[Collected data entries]

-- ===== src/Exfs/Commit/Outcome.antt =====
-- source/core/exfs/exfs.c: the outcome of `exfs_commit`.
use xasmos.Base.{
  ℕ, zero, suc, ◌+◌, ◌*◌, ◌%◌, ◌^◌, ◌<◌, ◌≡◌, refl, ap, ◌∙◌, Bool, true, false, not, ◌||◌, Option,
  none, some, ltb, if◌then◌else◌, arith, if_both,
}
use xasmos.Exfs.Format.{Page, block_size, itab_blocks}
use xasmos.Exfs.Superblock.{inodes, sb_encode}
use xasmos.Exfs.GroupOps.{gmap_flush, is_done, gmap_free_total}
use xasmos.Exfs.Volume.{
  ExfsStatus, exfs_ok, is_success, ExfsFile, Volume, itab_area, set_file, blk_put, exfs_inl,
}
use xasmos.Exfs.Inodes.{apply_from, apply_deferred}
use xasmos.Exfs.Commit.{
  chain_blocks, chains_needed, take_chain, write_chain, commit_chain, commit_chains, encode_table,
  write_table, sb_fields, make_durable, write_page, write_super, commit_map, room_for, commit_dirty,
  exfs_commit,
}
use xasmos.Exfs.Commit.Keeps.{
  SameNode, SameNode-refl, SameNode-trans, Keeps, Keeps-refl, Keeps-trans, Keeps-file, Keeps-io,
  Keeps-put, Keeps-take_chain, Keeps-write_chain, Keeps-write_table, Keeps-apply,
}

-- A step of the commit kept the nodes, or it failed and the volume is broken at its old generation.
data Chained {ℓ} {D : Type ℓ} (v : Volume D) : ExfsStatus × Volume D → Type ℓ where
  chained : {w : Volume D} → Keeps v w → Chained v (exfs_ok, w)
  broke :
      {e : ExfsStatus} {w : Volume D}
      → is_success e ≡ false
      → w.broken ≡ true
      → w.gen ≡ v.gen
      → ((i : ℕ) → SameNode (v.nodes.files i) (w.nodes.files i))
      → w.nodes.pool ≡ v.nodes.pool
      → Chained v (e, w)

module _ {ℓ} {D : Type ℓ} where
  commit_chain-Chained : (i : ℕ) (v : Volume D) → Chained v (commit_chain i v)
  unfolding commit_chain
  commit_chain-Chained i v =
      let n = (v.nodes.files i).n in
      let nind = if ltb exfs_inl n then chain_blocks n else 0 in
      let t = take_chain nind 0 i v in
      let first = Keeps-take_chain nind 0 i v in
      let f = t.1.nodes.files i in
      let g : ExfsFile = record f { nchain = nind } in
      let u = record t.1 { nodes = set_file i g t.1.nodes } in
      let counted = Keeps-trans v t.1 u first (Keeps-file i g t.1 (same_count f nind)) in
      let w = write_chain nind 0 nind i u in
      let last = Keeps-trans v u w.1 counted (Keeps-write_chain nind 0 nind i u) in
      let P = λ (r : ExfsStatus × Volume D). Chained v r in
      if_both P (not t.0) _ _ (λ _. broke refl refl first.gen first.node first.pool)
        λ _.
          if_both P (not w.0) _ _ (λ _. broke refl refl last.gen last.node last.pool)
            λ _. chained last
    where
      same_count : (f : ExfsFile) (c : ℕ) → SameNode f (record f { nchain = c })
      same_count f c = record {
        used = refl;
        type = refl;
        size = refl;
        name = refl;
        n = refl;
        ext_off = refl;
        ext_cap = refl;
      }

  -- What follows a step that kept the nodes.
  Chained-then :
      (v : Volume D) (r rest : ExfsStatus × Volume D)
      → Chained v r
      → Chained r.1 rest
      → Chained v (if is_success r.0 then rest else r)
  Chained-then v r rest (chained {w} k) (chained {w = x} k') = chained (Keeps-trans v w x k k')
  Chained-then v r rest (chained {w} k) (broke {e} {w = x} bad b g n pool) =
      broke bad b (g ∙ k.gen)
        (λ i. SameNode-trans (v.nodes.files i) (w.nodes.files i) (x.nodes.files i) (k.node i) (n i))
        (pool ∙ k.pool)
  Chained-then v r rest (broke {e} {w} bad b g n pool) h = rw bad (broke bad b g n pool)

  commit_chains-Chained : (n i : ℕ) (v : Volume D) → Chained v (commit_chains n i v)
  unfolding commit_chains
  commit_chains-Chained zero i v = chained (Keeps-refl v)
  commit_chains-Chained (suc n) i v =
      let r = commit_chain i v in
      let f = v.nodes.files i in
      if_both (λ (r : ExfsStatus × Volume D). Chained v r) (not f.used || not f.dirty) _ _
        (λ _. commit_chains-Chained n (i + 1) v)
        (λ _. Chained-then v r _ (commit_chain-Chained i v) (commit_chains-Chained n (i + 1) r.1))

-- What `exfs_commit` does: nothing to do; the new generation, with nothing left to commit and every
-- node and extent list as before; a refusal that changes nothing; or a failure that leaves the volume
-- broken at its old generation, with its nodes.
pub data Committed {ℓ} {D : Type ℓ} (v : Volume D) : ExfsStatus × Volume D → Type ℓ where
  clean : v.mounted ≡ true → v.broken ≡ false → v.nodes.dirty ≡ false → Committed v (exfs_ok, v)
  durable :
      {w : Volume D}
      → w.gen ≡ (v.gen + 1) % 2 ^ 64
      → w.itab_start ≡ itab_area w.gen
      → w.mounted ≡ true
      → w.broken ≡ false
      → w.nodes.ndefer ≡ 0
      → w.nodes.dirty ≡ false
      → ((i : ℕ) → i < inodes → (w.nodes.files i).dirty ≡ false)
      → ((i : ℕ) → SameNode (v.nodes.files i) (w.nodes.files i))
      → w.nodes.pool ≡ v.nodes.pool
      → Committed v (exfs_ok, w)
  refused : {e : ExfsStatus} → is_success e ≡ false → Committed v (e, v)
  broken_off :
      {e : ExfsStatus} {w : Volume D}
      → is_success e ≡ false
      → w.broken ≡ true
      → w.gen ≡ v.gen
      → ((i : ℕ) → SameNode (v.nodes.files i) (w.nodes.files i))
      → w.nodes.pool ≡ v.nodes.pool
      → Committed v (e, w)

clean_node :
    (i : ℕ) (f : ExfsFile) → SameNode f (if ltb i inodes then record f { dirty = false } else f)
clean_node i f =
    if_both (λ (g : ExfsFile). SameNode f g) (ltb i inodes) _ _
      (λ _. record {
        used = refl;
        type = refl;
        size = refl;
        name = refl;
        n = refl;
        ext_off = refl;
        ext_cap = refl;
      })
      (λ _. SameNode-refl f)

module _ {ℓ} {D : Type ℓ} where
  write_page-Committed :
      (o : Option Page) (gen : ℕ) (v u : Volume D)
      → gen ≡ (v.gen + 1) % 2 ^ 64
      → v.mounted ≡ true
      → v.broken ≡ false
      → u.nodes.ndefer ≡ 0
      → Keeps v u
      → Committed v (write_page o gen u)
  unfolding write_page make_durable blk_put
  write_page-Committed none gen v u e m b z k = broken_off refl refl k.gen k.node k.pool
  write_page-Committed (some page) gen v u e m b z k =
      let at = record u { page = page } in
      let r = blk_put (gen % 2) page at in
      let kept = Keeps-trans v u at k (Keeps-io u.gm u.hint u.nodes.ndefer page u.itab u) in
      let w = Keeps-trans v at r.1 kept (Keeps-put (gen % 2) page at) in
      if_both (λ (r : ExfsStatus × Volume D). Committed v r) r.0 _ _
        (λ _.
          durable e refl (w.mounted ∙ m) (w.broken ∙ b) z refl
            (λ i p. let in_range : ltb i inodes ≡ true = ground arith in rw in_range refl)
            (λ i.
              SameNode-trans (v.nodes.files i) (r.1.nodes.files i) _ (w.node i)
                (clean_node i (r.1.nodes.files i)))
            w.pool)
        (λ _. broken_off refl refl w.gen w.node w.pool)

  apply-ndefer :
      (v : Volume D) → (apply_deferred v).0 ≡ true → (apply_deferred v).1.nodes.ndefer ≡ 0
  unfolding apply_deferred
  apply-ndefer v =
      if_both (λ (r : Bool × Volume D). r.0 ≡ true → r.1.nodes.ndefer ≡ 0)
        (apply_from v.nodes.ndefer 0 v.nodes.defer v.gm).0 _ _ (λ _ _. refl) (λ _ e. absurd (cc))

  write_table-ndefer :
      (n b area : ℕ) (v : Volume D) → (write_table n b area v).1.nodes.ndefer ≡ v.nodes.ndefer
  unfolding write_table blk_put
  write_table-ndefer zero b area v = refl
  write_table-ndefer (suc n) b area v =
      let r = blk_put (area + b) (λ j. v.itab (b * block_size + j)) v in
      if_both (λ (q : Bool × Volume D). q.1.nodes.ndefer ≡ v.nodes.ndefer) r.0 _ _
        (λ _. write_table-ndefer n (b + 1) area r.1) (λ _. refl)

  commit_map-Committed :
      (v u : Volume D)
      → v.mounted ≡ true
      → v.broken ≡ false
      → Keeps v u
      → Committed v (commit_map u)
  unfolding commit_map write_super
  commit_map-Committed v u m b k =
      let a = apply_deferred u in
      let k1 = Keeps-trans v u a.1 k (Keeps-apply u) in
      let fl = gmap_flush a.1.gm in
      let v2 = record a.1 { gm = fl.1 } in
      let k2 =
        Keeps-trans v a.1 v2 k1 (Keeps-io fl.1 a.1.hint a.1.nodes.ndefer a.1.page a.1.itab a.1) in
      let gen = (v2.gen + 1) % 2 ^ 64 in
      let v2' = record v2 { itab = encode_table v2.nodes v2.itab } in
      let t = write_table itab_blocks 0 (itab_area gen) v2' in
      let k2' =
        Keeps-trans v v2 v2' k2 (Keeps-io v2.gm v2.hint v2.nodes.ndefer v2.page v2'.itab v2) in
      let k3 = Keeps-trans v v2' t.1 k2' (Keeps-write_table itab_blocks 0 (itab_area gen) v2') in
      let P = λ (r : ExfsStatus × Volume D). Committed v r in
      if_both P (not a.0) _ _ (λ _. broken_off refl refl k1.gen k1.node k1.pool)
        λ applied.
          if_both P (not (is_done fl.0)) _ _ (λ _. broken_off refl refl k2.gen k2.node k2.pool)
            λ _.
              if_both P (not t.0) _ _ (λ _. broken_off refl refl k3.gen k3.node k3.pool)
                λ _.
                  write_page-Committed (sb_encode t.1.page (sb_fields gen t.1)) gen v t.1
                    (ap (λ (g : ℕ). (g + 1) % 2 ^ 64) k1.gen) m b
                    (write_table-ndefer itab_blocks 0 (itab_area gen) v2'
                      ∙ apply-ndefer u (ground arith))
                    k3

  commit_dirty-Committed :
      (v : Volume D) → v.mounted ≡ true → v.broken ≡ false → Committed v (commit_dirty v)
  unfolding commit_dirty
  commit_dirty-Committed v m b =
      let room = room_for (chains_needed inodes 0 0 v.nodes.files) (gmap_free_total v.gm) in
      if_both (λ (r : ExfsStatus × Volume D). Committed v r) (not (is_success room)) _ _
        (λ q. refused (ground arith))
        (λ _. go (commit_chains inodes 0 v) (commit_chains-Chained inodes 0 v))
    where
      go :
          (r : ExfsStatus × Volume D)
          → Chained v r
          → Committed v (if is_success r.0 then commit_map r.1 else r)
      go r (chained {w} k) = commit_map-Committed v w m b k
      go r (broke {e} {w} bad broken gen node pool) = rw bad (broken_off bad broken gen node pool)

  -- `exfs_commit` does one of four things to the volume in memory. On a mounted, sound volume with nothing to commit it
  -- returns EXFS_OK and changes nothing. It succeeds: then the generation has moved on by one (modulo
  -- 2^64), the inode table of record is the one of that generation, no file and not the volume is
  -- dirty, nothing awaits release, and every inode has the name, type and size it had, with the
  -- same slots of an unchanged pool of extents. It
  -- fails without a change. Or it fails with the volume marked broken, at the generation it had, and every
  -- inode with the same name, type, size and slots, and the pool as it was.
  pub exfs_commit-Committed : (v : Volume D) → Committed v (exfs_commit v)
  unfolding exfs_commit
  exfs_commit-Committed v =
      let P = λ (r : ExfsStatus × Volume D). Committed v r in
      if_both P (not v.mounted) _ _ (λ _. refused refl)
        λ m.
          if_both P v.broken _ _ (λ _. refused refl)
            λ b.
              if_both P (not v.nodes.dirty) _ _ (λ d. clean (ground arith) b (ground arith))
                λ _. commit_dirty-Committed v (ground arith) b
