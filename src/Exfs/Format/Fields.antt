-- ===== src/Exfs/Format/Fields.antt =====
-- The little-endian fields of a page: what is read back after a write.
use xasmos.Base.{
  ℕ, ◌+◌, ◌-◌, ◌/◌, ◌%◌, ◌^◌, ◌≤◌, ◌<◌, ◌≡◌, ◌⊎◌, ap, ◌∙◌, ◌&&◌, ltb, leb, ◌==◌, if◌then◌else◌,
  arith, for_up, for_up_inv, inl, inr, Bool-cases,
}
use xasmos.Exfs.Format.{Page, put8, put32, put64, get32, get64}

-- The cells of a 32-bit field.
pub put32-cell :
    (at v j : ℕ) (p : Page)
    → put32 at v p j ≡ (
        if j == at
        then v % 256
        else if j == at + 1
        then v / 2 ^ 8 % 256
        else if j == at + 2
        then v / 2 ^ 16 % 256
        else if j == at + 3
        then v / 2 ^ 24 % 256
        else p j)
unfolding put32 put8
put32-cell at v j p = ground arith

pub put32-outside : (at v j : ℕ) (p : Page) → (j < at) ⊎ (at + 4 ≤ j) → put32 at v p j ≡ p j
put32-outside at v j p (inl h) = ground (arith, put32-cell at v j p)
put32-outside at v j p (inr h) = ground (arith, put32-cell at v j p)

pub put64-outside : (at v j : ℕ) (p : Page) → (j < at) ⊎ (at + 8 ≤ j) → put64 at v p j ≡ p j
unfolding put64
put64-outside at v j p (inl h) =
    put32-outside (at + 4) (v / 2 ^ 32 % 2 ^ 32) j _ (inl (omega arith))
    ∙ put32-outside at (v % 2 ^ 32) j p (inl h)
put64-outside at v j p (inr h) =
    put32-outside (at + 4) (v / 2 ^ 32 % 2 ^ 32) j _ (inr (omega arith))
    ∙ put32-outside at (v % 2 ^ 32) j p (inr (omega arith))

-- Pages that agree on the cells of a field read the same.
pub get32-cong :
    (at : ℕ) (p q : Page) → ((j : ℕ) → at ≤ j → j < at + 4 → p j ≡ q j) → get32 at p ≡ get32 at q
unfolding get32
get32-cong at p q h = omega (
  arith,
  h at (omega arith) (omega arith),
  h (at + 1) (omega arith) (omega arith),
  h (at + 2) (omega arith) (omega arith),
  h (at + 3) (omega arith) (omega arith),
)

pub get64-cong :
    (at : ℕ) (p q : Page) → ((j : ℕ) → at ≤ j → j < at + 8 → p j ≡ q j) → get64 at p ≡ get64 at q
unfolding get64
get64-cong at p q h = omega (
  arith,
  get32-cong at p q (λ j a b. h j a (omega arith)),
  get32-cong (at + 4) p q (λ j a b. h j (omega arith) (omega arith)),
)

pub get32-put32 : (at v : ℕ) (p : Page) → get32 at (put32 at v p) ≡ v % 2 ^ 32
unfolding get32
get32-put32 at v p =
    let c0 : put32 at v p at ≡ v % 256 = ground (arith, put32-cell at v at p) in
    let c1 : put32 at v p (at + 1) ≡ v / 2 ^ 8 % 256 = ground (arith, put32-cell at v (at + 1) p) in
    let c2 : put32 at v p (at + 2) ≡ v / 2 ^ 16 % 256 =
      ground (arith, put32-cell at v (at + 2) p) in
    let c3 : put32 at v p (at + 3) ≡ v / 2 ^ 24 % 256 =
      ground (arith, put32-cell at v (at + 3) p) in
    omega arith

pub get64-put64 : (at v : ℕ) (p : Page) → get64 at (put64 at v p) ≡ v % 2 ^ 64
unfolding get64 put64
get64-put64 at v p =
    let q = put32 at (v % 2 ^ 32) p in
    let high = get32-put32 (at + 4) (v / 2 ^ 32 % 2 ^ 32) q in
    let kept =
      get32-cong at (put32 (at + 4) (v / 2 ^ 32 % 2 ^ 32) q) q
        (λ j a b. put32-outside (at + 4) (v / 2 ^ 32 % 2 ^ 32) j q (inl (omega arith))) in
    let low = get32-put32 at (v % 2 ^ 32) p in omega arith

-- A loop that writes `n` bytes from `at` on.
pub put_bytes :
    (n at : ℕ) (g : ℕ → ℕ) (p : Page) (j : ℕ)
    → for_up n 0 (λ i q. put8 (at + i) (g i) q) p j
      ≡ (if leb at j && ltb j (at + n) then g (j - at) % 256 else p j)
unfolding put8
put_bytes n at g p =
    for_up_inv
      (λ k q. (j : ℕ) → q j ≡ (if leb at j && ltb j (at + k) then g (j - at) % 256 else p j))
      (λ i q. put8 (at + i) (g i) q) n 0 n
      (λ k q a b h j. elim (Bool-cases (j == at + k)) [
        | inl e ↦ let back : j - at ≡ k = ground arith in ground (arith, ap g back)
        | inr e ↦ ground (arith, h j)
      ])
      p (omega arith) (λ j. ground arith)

● Problem details
Starting at the line above that holds "Committed v (e, w)" and ending at the line that holds "(clean_node i (r.1.nodes.files", transcribe each line exactly and include no other lines.

● Final answer
      → Committed v (e, w)

clean_node :
    (i : ℕ) (f : ExfsFile) → SameNode f (if ltb i inodes then record f { dirty = false } else f)
clean_node i f =
    if_both (λ (g : ExfsFile). SameNode f g) (ltb i inodes) _ _
      (λ _. record {
        used = refl;
        type = refl;
        size = refl;
        name = refl;
        n = refl;
        ext_off = refl;
        ext_cap = refl;
      })
      (λ _. SameNode-refl f)

module _ {ℓ} {D : Type ℓ} where
  write_page-Committed :
      (o : Option Page) (gen : ℕ) (v u : Volume D)
      → gen ≡ (v.gen + 1) % 2 ^ 64
      → v.mounted ≡ true
      → v.broken ≡ false
      → u.nodes.ndefer ≡ 0
      → Keeps v u
      → Committed v (write_page o gen u)
  unfolding write_page make_durable blk_put
  write_page-Committed none gen v u e m b z k = broken_off refl refl k.gen k.node k.pool
  write_page-Committed (some page) gen v u e m b z k =
      let at = record u { page = page } in
      let r = blk_put (gen % 2) page at in
      let kept = Keeps-trans v u at k (Keeps-io u.gm u.hint u.nodes.ndefer page u.itab u) in
      let w = Keeps-trans v at r.1 kept (Keeps-put (gen % 2) page at) in
      if_both (λ (r : ExfsStatus × Volume D). Committed v r) r.0 _ _
        (λ _.
          durable e refl (w.mounted ∙ m) (w.broken ∙ b) z refl
            (λ i p. let in_range : ltb i inodes ≡ true = ground arith in rw in_range refl)
            (λ i.
              SameNode-trans (v.nodes.files i) (r.1.nodes.files i) _ (w.node i)
                (clean_node i (r.1.nodes.files i)))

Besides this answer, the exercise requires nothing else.